What you are asked to do >> Below are the records. Retype exactly the lines between the lines holding "-- Forgetting a registered" and "(t.peers ≡ s.peers))", inclusive.

Information given >>
+++++
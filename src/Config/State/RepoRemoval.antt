-- ===== src/Config/State/RepoRemoval.antt =====
-- The lemmas on `remove_repo` and `forget_repo`.
use mathlib.Core.Path.{subst}
use jj_mesh.Prelude.{
  is_ok, >>=-eq-ok, ok, err, AllEntries, insert-AllEntries, get-AllEntries, BTreeMap, get,
  contains_key, insert, Sorted, get-insert, get-remove, insert-Sorted, eqb_refl, Ord, nat_ord,
  bool_ord, pair_ord, list_ord, option_ord, reverse_ord, ltb, is_some, Option-cases, length, ℕ, ◌+◌,
  ◌≤◌, ◌<◌, ◌≡◌, refl, sym, ◌≢◌, ◌⊎◌, inl, inr, Bool, true, false, ◌||◌, none, some, [], arith,
}
use jj_mesh.Config.Error.{Kind, repo_not_registered}
use jj_mesh.Config.Name.{Text, validate_name}
use jj_mesh.Config.RepoId.{Repo}
use jj_mesh.Config.Membership.Register.{max_mesh_repos, max_record_version, bumped_version}
use jj_mesh.Config.Membership.Versions.{bumped_version-lt, bumped_version-newer}
use jj_mesh.Config.Membership.Peers.{peer_register}
use jj_mesh.Config.Membership.Repos.{repo_outranks, repo_register, MeshRepoStatus, MeshRepo}
use jj_mesh.Config.Membership.Ranking.{repo-IsRanked}
use jj_mesh.Config.Machine.{text_eq_sound}
use jj_mesh.Config.Claims.{claims_register, names_of}
use jj_mesh.Config.State.Defs.{mesh_repo_id, MeshState}
use jj_mesh.Config.State.Ops.{removable, unregister_repo, remove_repo, forget_repo}
use jj_mesh.Config.State.Loops.{valid_repo}
use jj_mesh.Config.State.WellFormed.{IsRegistered, length-insert_capped, IsWellFormed}
use jj_mesh.Config.State.Repos.{released_empty, unregister-KeepsRepos, KeepsRepos}
use jj_mesh.Config.State.RepoOps.{with_repos, with_repos-IsWellFormed}

abbrev pub retired : ℕ → MeshRepo
retired v = record { version = v; status = MeshRepoStatus.removed }

get-insert_ne :
    (name other : Text) (m : MeshRepo) (mesh : BTreeMap Text MeshRepo)
    → other ≢ name
    → get other (insert name m mesh) ≡ get other mesh
get-insert_ne name other m mesh ne =
    ground (arith, get-insert other name m mesh, text_eq_sound name other)

module _ {E : Type 0} ⦃oe : Ord E⦄ where
  -- What unregistering leaves alone, and what it returns
  pub unregister-same :
      (s : MeshState E) (name : Text)
      → ((unregister_repo s name).0.mesh_repos ≡ s.mesh_repos)
        × ((unregister_repo s name).0.peers ≡ s.peers)
        × ((unregister_repo s name).0.machine ≡ s.machine)
        × ((unregister_repo s name).0.peer_claims ≡ s.peer_claims)
        × ((unregister_repo s name).1 ≡ get name s.repos)
        × (get name (unregister_repo s name).0.repos ≡ none)
  unfolding unregister_repo
  unregister-same s name =
      ground (arith, get-remove name name s.repos, eqb_refl ⦃o = list_ord⦄ name)

  unregister-others :
      (s : MeshState E) (name other : Text)
      → other ≢ name
      → get other (unregister_repo s name).0.repos ≡ get other s.repos
  unfolding unregister_repo
  unregister-others s name other ne =
      ground (arith, get-remove other name s.repos, text_eq_sound name other, ne)

  unregister_shape :
      (s : MeshState E) (name : Text)
      → (unregister_repo s name).0
        ≡ with_repos s
            (unregister_repo s name).0.repos
            s.mesh_repos
            (unregister_repo s name).0.claims
  unfolding unregister_repo
  unregister_shape s name = ground arith

  pub unregister-IsWellFormed :
      (local : E) (s : MeshState E) (name : Text) (mesh : BTreeMap Text MeshRepo)
      → IsWellFormed local s
      → ((other : Text) → other ≢ name → get other mesh ≡ get other s.mesh_repos)
      → Sorted mesh
      → AllEntries valid_repo mesh
      → length mesh ≤ max_mesh_repos
      → IsWellFormed local (unregister_repo (record s { mesh_repos = mesh }) name).0
  unregister-IsWellFormed local s name mesh w same ms mv mc =
      let s' : MeshState E = record s { mesh_repos = mesh } in
      let t = (unregister_repo s' name).0 in
      let keeps =
        unregister-KeepsRepos s' name s.mesh_repos w.registered same w.repos_sorted w.claims_version
          w.claims_valid w.claims_sorted in
      let rest = unregister-same s' name in
      let e : t ≡ with_repos s t.repos mesh t.claims = unregister_shape s' name in
      subst (IsWellFormed local) (sym e) (
        with_repos-IsWellFormed local s t.repos mesh t.claims w (subst KeepsRepos e keeps) ms mv mc)

  pub remove_repo_state :
      (s : MeshState E) (name : Text) {t : MeshState E} {here : Bool}
      → remove_repo s name ≡ ok (t, here)
      → (v : ℕ) × (bumped_version s.mesh_repos name ≡ ok v)
        × ((contains_key name s.repos || is_some (mesh_repo_id s name)) ≡ true)
        × (t
            ≡ (unregister_repo
                (record s { mesh_repos = insert name (retired v) s.mesh_repos })
                name).0)
        × (here ≡ contains_key name s.repos)
  unfolding remove_repo
  remove_repo_state s name {t} {here} h =
      let (u, allowed', rest) =
        >>=-eq-ok (removable (get name s.mesh_repos) (contains_key name s.repos)) _ h in
      let (v, bumped, done) = >>=-eq-ok (bumped_version s.mesh_repos name) _ rest in
      let s' : MeshState E = record s { mesh_repos = insert name (retired v) s.mesh_repos } in
      let found = (unregister-same s' name).4 in
      (v, bumped, ground arith, ground arith, ground (arith, found))

  -- Retiring a repo fails only when the mesh does not know the name, the name is retired already, or
  -- its record is next to the ceiling.
  remove_repo_fails :
      (s : MeshState E) (name : Text)
      → is_ok (remove_repo s name) ≡ false
      → (get name s.repos ≡ none) × (mesh_repo_id s name ≡ none)
        ⊎ (is_ok (bumped_version s.mesh_repos name) ≡ false)
  unfolding remove_repo
  remove_repo_fails s name h = ground arith

  -- After a repo is retired from a well-formed state the name is registered nowhere on this machine and is not
  -- in use in the mesh, where a tombstone is recorded that outranks the record held before, if there was one; the
  -- records of the other names, the other registered repos and the peers are as they were.
  pub remove_repo_lem :
      (local : E) (s : MeshState E) (name : Text) {t : MeshState E} {here : Bool}
      → IsWellFormed local s
      → remove_repo s name ≡ ok (t, here)
      → (get name t.repos ≡ none)
        × (mesh_repo_id t name ≡ none)
        × (here ≡ contains_key name s.repos)
        × ((other : Text)
            → other ≢ name
            → (get other t.mesh_repos ≡ get other s.mesh_repos)
              × (get other t.repos ≡ get other s.repos))
        × (t.peers ≡ s.peers)
        × ((new : MeshRepo) × (get name t.mesh_repos ≡ some new)
            × (new.status ≡ MeshRepoStatus.removed)
            × ((old : MeshRepo) → get name s.mesh_repos ≡ some old → repo_outranks new old ≡ true))
  remove_repo_lem local s name {t} {here} w h =
      let (v, bumped, allowed', e, was) = remove_repo_state s name h in
      let s' : MeshState E = record s { mesh_repos = insert name (retired v) s.mesh_repos } in
      let same = unregister-same s' name in
      let now = get-insert name name (retired v) s.mesh_repos in
      let self = eqb_refl ⦃o = list_ord⦄ name in
      rw e (
        same.5,
        rw same.0 (ground arith),
        was,
        λ other ne. (
          rw same.0 (get-insert_ne name other (retired v) s.mesh_repos ne),
          unregister-others s' name other ne,
        ),
        same.1,
        (
          retired v,
          rw same.0 (ground arith),
          refl,
          λ old held.
              let known = get-AllEntries valid_repo name old s.mesh_repos w.mesh_valid held in
              let newer = bumped_version-newer s.mesh_repos name v old held (ground arith) bumped in
              repo-IsRanked.versioned (retired v) old newer,
        ),
      )

  known_of_registered :
      (s : MeshState E) (name : Text)
      → IsRegistered s.repos s.mesh_repos
      → (contains_key name s.repos || is_some (mesh_repo_id s name)) ≡ true
      → (contains_key name s.mesh_repos || ltb (length s.mesh_repos) max_mesh_repos) ≡ true
  known_of_registered s name reg h = ground (arith, reg name)

  name_known_valid :
      (s : MeshState E) (name : Text)
      → IsRegistered s.repos s.mesh_repos
      → AllEntries valid_repo s.mesh_repos
      → (contains_key name s.repos || is_some (mesh_repo_id s name)) ≡ true
      → is_ok (validate_name Kind.repo name) ≡ true
  name_known_valid s name reg valid h = elim (Option-cases (get name s.mesh_repos)) [
    | inl absent ↦ ground (arith, reg name)
    | inr (m, held) ↦ ground (arith, get-AllEntries valid_repo name m s.mesh_repos valid held)
  ]

  -- Retiring a repo keeps the state well-formed.
  pub remove_repo-IsWellFormed :
      (local : E) (s : MeshState E) (name : Text) {t : MeshState E} {here : Bool}
      → IsWellFormed local s
      → remove_repo s name ≡ ok (t, here)
      → IsWellFormed local t
  remove_repo-IsWellFormed local s name {t} {here} w h =
      let (v, bumped, known, e, was) = remove_repo_state s name h in
      let mesh = insert name (retired v) s.mesh_repos in
      let s' : MeshState E = record s { mesh_repos = mesh } in
      let valid = name_known_valid s name w.registered w.mesh_valid known in
      let bound = bumped_version-lt s.mesh_repos name v bumped in
      rw e (
        unregister-IsWellFormed local s name mesh w
          (λ other ne. get-insert_ne name other (retired v) s.mesh_repos ne)
          (insert-Sorted name (retired v) s.mesh_repos w.mesh_sorted)
          (insert-AllEntries valid_repo name (retired v) s.mesh_repos (ground arith) w.mesh_valid)
          (length-insert_capped max_mesh_repos name (retired v) s.mesh_repos w.mesh_sorted
            w.mesh_cap (known_of_registered s name w.registered known)))

  -- A repo that is forgotten, or retired, leaves no claims of this machine behind, unless the claims'
  -- version is next to the ceiling.
  pub unregister-claims :
      (local : E) (s : MeshState E) (name : Text) (r : Repo)
      → IsWellFormed local s
      → get name s.repos ≡ some r
      → s.claims.version + 1 < max_record_version
      → names_of (get r.id (unregister_repo s name).0.claims.repos) ≡ []
  unfolding unregister_repo
  unregister-claims local s name r w held h =
      rw (held, unregister_repo) (released_empty s.claims r.id w.claims_valid h)

  -- Forgetting a registered repo returns its record and unregisters it here; the mesh-wide list and the
  -- other machines are untouched. A name that is not registered here is an error.
  forget_repo_lem :
      (s : MeshState E) (name : Text)
      → ((r : Repo)
          → get name s.repos ≡ some r
          → (t : MeshState E) × (forget_repo s name ≡ ok (t, r))
            × (get name t.repos ≡ none)
            × (t.mesh_repos ≡ s.mesh_repos)
            × (t.peers ≡ s.peers))
        × (get name s.repos ≡ none → forget_repo s name ≡ err repo_not_registered)
  unfolding forget_repo
  forget_repo_lem s name =
      let same = unregister-same s name in
      (
        λ r held.
            let found = same.4 in
            ((unregister_repo s name).0, ground arith, same.5, same.0, same.1),
        λ absent. let found = same.4 in ground arith,
      )

  -- Forgetting a repo keeps the state well-formed.
  pub forget_repo-IsWellFormed :
      (local : E) (s : MeshState E) (name : Text) {t : MeshState E} {r : Repo}
      → IsWellFormed local s
      → forget_repo s name ≡ ok (t, r)
      → IsWellFormed local t
  unfolding forget_repo
  forget_repo-IsWellFormed local s name {t} {r} w h =
      let e : t ≡ (unregister_repo s name).0 = ground arith in
      rw e (
        unregister-IsWellFormed local s name s.mesh_repos w (λ other ne. refl) w.mesh_sorted
          w.mesh_valid w.mesh_cap)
+++++
Exercise response >>
  -- Forgetting a registered repo returns its record and unregisters it here; the mesh-wide list and the
  -- other machines are untouched. A name that is not registered here is an error.
  forget_repo_lem :
      (s : MeshState E) (name : Text)
      → ((r : Repo)
          → get name s.repos ≡ some r
          → (t : MeshState E) × (forget_repo s name ≡ ok (t, r))
            × (get name t.repos ≡ none)
            × (t.mesh_repos ≡ s.mesh_repos)
            × (t.peers ≡ s.peers))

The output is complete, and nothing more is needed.